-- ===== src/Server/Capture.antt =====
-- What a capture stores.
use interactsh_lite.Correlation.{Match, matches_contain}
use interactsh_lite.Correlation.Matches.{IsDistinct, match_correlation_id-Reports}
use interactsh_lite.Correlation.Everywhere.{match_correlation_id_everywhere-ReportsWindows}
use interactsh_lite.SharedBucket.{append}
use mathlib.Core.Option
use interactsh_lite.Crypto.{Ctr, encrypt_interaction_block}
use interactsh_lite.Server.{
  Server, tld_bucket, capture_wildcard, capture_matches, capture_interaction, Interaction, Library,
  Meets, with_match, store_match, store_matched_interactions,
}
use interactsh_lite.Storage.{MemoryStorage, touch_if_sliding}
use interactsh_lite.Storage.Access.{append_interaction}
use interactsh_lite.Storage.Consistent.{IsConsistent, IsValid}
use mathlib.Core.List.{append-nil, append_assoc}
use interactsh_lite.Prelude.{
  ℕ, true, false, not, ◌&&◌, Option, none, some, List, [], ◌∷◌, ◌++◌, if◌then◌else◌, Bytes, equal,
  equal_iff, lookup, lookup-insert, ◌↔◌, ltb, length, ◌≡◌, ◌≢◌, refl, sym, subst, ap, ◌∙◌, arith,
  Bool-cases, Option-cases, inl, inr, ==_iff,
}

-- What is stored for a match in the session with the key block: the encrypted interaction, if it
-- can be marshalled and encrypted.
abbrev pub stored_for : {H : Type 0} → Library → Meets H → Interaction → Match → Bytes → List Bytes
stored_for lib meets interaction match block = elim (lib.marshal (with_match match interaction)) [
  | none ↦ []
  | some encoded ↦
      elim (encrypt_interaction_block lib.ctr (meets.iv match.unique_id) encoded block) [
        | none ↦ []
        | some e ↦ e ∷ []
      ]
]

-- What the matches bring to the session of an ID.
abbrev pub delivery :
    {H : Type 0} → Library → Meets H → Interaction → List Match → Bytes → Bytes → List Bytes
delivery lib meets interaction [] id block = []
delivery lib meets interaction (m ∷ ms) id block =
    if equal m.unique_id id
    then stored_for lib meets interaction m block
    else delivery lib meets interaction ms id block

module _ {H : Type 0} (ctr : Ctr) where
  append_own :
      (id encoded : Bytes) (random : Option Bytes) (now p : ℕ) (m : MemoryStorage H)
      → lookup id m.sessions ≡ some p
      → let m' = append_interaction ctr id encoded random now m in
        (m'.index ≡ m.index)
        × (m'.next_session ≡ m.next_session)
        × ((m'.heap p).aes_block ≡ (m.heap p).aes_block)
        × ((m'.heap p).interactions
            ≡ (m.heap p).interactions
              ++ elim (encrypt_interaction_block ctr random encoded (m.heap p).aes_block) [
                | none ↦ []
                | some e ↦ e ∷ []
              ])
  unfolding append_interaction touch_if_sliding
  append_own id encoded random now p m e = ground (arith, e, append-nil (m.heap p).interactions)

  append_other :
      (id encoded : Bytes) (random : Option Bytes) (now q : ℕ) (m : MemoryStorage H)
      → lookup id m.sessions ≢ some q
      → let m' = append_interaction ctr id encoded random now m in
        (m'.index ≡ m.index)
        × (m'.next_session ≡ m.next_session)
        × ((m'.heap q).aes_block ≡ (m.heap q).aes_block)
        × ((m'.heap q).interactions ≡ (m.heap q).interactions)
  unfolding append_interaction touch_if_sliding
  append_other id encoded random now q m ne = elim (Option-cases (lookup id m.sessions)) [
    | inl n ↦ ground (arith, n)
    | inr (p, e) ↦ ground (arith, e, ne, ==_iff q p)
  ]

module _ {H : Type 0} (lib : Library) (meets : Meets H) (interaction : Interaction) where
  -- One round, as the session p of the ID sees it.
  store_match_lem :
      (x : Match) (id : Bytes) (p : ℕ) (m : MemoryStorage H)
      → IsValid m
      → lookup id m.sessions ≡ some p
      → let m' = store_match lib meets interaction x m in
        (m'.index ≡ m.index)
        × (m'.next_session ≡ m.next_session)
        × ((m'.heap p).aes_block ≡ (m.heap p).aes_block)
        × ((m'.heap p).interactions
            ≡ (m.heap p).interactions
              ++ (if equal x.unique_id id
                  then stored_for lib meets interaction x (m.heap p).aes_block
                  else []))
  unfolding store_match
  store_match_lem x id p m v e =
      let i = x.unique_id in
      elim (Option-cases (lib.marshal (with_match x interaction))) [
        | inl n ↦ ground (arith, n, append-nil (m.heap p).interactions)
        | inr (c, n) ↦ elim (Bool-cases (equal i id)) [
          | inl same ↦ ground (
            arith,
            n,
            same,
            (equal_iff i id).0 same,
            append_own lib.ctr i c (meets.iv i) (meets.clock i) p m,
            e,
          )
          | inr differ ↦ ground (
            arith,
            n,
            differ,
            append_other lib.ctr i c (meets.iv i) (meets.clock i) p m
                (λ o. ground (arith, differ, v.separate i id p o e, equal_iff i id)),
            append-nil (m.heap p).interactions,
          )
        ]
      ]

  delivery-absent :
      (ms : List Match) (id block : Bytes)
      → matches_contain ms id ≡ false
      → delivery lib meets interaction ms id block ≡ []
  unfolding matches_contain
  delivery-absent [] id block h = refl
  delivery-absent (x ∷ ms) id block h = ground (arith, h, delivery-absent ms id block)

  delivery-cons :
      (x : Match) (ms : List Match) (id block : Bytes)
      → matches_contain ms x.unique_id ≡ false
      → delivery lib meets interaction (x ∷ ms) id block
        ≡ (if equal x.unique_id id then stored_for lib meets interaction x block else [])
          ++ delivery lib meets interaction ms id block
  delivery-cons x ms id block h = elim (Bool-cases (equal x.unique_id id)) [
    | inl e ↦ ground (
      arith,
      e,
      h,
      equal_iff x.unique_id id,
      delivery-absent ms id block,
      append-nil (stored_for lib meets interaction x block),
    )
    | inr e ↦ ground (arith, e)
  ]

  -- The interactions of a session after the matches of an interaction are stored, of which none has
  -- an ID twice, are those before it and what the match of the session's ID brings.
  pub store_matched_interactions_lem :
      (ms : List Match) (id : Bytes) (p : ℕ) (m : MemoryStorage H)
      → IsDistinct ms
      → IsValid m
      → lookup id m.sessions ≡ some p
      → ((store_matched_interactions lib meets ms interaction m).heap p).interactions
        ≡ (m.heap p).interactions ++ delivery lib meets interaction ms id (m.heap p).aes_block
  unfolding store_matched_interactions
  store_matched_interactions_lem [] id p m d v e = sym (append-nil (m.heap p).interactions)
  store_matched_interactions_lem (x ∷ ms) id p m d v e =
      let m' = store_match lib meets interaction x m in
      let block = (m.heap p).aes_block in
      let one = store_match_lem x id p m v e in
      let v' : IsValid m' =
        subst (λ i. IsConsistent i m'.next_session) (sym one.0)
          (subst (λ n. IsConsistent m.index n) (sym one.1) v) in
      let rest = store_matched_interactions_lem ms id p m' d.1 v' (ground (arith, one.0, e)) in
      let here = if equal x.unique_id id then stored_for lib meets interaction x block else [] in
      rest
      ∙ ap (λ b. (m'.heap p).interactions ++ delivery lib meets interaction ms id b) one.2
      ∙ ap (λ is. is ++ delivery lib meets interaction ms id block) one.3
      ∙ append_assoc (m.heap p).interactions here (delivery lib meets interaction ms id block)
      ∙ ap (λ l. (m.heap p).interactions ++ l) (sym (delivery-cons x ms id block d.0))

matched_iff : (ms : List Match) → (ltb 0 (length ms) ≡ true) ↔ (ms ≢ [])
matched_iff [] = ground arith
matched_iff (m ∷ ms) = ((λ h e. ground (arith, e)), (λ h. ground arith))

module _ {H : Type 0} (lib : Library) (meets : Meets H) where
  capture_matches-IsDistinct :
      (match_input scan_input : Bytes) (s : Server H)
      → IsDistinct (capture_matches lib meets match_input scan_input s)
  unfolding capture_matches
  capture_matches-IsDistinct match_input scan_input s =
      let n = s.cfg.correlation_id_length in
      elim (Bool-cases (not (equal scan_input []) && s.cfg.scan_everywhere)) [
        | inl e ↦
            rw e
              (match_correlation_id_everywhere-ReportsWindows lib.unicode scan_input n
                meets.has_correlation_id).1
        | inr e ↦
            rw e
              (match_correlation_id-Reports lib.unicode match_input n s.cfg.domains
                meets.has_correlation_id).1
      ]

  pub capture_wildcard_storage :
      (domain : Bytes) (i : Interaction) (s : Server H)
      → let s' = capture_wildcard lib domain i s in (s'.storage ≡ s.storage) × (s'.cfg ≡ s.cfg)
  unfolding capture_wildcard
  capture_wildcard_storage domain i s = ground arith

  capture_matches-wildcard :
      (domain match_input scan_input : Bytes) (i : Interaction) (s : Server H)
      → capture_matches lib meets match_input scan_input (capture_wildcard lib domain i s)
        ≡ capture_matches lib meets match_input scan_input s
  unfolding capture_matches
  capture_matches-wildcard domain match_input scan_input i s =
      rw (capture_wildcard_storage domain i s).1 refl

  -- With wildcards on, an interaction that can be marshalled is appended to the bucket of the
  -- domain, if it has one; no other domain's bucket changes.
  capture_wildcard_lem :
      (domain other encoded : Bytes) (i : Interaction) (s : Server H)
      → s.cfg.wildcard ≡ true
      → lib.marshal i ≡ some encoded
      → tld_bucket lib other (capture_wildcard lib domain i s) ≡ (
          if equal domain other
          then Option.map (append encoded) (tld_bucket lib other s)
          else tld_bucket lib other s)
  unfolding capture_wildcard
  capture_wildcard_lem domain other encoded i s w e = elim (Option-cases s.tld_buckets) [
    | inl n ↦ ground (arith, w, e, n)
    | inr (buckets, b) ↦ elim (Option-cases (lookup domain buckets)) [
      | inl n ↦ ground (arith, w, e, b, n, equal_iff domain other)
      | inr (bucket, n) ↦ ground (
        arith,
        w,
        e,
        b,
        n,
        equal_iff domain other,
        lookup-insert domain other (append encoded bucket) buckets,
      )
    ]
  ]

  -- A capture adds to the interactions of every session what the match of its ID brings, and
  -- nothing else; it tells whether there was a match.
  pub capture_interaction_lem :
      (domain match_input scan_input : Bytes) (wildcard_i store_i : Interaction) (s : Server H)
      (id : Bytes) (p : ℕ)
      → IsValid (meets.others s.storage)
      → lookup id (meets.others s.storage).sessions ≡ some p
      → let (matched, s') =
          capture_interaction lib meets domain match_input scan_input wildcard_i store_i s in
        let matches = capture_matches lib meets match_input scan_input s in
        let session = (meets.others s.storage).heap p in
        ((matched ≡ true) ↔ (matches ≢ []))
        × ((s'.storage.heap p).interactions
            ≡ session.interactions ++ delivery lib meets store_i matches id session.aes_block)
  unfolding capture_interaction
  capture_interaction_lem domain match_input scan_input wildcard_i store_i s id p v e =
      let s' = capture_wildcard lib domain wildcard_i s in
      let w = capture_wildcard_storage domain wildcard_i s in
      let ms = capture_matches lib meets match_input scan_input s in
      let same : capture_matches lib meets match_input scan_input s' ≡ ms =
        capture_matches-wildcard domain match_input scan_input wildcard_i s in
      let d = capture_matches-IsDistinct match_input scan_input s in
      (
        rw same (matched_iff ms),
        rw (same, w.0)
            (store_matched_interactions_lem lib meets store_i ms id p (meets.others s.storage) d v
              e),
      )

______

_How to complete this task:_ All lines above from the one containing "-- The interactions" to the one containing "subst (λ i." must be repeated exactly, both lines included, and no others.

_Solution to the problem:_
  -- The interactions of a session after the matches of an interaction are stored, of which none has
  -- an ID twice, are those before it and what the match of the session's ID brings.
  pub store_matched_interactions_lem :
      (ms : List Match) (id : Bytes) (p : ℕ) (m : MemoryStorage H)
      → IsDistinct ms
      → IsValid m
      → lookup id m.sessions ≡ some p
      → ((store_matched_interactions lib meets ms interaction m).heap p).interactions
        ≡ (m.heap p).interactions ++ delivery lib meets interaction ms id (m.heap p).aes_block
  unfolding store_matched_interactions
  store_matched_interactions_lem [] id p m d v e = sym (append-nil (m.heap p).interactions)
  store_matched_interactions_lem (x ∷ ms) id p m d v e =
      let m' = store_match lib meets interaction x m in
      let block = (m.heap p).aes_block in
      let one = store_match_lem x id p m v e in
      let v' : IsValid m' =
        subst (λ i. IsConsistent i m'.next_session) (sym one.0)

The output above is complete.